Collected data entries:
BEGIN

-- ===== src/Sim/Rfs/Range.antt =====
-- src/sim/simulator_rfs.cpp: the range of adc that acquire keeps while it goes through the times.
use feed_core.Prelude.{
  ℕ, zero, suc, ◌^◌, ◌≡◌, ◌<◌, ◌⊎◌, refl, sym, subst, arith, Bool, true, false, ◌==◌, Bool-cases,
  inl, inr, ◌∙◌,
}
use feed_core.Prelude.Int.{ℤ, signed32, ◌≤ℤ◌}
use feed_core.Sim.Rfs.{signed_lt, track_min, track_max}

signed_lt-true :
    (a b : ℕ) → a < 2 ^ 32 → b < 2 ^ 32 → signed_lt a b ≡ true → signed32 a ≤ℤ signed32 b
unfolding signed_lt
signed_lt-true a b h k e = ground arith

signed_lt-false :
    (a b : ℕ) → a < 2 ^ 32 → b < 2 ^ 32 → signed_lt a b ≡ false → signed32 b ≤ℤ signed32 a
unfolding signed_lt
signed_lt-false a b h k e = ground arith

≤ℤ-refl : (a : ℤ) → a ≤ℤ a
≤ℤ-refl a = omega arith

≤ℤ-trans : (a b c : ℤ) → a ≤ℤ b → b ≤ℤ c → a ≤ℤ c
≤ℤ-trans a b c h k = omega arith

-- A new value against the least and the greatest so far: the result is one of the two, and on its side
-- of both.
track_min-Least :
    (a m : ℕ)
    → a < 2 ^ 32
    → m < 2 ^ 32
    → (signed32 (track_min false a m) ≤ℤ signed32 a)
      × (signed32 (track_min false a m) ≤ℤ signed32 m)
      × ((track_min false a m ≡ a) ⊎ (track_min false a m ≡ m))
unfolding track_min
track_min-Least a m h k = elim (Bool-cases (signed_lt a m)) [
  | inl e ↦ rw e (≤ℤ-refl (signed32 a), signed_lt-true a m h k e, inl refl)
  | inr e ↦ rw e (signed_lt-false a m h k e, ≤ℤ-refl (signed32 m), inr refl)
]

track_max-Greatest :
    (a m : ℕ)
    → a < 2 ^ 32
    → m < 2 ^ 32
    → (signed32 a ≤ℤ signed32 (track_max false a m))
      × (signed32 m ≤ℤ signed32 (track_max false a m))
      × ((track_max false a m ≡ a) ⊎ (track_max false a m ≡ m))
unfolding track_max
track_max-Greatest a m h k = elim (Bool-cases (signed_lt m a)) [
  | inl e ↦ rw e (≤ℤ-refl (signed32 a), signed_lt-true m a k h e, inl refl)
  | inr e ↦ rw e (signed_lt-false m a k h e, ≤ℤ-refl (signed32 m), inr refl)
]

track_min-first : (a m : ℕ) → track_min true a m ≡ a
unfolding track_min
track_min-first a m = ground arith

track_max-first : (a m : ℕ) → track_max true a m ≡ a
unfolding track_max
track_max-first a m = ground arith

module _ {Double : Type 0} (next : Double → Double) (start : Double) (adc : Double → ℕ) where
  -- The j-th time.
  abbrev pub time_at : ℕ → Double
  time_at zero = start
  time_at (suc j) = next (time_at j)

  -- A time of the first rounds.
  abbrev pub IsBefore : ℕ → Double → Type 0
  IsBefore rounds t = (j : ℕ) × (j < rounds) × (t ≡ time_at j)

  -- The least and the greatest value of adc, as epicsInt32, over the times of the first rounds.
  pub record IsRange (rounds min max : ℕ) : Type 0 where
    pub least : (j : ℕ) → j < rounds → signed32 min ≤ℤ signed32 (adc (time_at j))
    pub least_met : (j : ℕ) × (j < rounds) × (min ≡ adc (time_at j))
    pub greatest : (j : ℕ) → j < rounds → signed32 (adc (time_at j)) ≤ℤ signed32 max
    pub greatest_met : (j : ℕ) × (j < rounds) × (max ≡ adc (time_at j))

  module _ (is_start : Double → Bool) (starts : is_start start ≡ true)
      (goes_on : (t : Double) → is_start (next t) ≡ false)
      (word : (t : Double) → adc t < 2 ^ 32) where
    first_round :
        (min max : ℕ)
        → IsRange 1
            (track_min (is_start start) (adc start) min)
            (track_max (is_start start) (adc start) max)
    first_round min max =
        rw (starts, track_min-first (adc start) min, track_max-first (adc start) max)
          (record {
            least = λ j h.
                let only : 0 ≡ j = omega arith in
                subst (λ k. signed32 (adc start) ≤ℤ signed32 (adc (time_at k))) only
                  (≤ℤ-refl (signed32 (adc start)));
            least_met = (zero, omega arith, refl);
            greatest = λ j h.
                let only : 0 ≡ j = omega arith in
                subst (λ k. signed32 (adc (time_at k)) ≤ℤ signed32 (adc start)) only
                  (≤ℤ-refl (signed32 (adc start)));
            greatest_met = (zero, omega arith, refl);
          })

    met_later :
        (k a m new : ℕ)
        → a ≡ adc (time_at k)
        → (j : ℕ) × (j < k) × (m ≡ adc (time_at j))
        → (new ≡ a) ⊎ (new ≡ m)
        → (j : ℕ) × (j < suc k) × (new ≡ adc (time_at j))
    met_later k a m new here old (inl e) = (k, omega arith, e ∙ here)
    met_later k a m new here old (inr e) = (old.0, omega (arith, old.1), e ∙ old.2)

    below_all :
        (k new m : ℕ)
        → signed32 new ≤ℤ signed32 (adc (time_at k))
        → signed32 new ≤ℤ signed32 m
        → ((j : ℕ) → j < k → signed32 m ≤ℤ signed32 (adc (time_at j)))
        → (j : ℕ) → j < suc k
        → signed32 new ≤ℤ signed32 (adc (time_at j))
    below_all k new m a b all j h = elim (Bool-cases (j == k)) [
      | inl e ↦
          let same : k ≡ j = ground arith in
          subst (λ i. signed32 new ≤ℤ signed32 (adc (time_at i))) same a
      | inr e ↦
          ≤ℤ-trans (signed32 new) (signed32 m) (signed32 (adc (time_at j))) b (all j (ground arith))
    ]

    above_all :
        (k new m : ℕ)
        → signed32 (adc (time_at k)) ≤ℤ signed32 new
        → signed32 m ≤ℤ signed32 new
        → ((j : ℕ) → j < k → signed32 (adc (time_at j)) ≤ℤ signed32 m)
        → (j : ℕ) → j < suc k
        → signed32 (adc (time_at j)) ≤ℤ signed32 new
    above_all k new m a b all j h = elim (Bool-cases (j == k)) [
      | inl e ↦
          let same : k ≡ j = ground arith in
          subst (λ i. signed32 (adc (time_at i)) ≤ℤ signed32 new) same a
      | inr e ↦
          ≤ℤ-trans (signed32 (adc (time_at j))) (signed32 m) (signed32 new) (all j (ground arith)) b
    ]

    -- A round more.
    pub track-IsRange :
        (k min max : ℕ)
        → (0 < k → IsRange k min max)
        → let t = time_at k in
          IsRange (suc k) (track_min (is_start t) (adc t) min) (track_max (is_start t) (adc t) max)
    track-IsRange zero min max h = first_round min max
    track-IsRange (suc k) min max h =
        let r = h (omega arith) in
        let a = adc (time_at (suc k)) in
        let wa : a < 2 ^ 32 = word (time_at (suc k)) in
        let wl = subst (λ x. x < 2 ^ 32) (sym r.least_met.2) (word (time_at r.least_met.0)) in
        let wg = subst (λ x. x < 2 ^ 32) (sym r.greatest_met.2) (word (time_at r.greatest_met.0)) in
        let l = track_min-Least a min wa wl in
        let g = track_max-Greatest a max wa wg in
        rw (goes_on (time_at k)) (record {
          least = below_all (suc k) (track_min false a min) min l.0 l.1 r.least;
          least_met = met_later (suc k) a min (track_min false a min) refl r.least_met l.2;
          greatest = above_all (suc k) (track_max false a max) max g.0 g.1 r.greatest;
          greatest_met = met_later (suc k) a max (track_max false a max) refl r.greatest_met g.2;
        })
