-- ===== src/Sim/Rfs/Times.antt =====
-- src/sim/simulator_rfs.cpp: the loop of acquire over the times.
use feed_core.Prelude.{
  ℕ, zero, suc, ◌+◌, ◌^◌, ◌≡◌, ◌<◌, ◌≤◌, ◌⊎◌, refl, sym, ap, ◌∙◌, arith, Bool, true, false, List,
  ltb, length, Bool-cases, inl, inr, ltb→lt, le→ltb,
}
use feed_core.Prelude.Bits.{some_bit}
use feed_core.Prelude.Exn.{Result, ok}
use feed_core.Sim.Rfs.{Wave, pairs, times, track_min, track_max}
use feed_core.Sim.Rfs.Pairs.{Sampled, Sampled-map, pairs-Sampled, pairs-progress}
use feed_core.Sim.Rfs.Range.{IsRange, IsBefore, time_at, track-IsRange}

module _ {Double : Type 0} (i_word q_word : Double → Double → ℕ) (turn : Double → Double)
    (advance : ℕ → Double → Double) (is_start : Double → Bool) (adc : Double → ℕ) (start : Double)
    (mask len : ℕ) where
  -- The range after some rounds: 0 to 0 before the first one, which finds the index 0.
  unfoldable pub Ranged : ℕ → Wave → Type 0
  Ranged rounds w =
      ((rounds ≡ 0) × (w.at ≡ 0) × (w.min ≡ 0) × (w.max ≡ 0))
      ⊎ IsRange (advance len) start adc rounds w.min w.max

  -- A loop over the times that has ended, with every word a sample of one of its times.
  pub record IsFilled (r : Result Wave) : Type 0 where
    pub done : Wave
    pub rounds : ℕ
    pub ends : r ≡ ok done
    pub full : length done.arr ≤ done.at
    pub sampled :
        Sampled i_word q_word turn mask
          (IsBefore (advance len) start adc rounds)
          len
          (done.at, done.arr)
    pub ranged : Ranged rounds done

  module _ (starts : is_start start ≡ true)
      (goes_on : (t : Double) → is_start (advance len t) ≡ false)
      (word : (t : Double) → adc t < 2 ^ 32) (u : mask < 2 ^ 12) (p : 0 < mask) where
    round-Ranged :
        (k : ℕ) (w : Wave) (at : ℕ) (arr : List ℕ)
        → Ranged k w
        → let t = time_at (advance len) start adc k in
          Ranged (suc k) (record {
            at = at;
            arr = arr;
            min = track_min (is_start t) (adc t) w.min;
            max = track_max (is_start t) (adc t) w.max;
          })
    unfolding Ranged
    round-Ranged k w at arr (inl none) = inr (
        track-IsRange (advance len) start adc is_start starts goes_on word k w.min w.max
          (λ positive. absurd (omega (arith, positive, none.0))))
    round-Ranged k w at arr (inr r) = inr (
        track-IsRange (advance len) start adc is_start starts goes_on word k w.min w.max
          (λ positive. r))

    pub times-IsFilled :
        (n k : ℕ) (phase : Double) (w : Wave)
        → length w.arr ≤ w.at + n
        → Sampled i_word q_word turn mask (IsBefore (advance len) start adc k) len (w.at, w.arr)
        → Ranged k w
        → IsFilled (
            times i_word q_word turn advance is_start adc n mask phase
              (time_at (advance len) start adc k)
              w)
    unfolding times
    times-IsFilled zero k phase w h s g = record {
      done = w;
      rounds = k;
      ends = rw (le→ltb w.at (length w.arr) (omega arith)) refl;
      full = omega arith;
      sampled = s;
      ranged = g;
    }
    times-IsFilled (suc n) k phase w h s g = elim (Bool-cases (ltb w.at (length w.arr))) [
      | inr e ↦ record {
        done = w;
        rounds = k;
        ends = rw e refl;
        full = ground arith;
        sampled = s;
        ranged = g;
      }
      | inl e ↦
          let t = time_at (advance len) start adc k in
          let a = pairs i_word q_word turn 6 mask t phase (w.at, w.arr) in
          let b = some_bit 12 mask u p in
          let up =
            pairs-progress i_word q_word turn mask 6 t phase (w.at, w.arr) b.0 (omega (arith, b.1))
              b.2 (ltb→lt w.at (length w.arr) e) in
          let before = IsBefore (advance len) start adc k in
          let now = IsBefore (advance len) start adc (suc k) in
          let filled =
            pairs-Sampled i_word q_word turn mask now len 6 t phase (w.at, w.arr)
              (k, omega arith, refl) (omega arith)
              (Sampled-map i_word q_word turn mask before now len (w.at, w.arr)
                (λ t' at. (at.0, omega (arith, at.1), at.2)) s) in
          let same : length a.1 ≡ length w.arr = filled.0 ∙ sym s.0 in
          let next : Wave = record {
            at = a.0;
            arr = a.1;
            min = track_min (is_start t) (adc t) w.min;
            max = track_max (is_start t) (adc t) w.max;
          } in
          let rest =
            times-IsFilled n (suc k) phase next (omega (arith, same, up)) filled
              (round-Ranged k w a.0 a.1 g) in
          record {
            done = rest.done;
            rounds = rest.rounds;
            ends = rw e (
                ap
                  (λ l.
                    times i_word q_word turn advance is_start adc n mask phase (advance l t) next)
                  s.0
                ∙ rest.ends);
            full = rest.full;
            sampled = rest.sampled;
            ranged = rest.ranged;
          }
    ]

END

Exercise prompt
Using the entries above, work out how many lines include the word "subst", and give only that count.

Written answer
7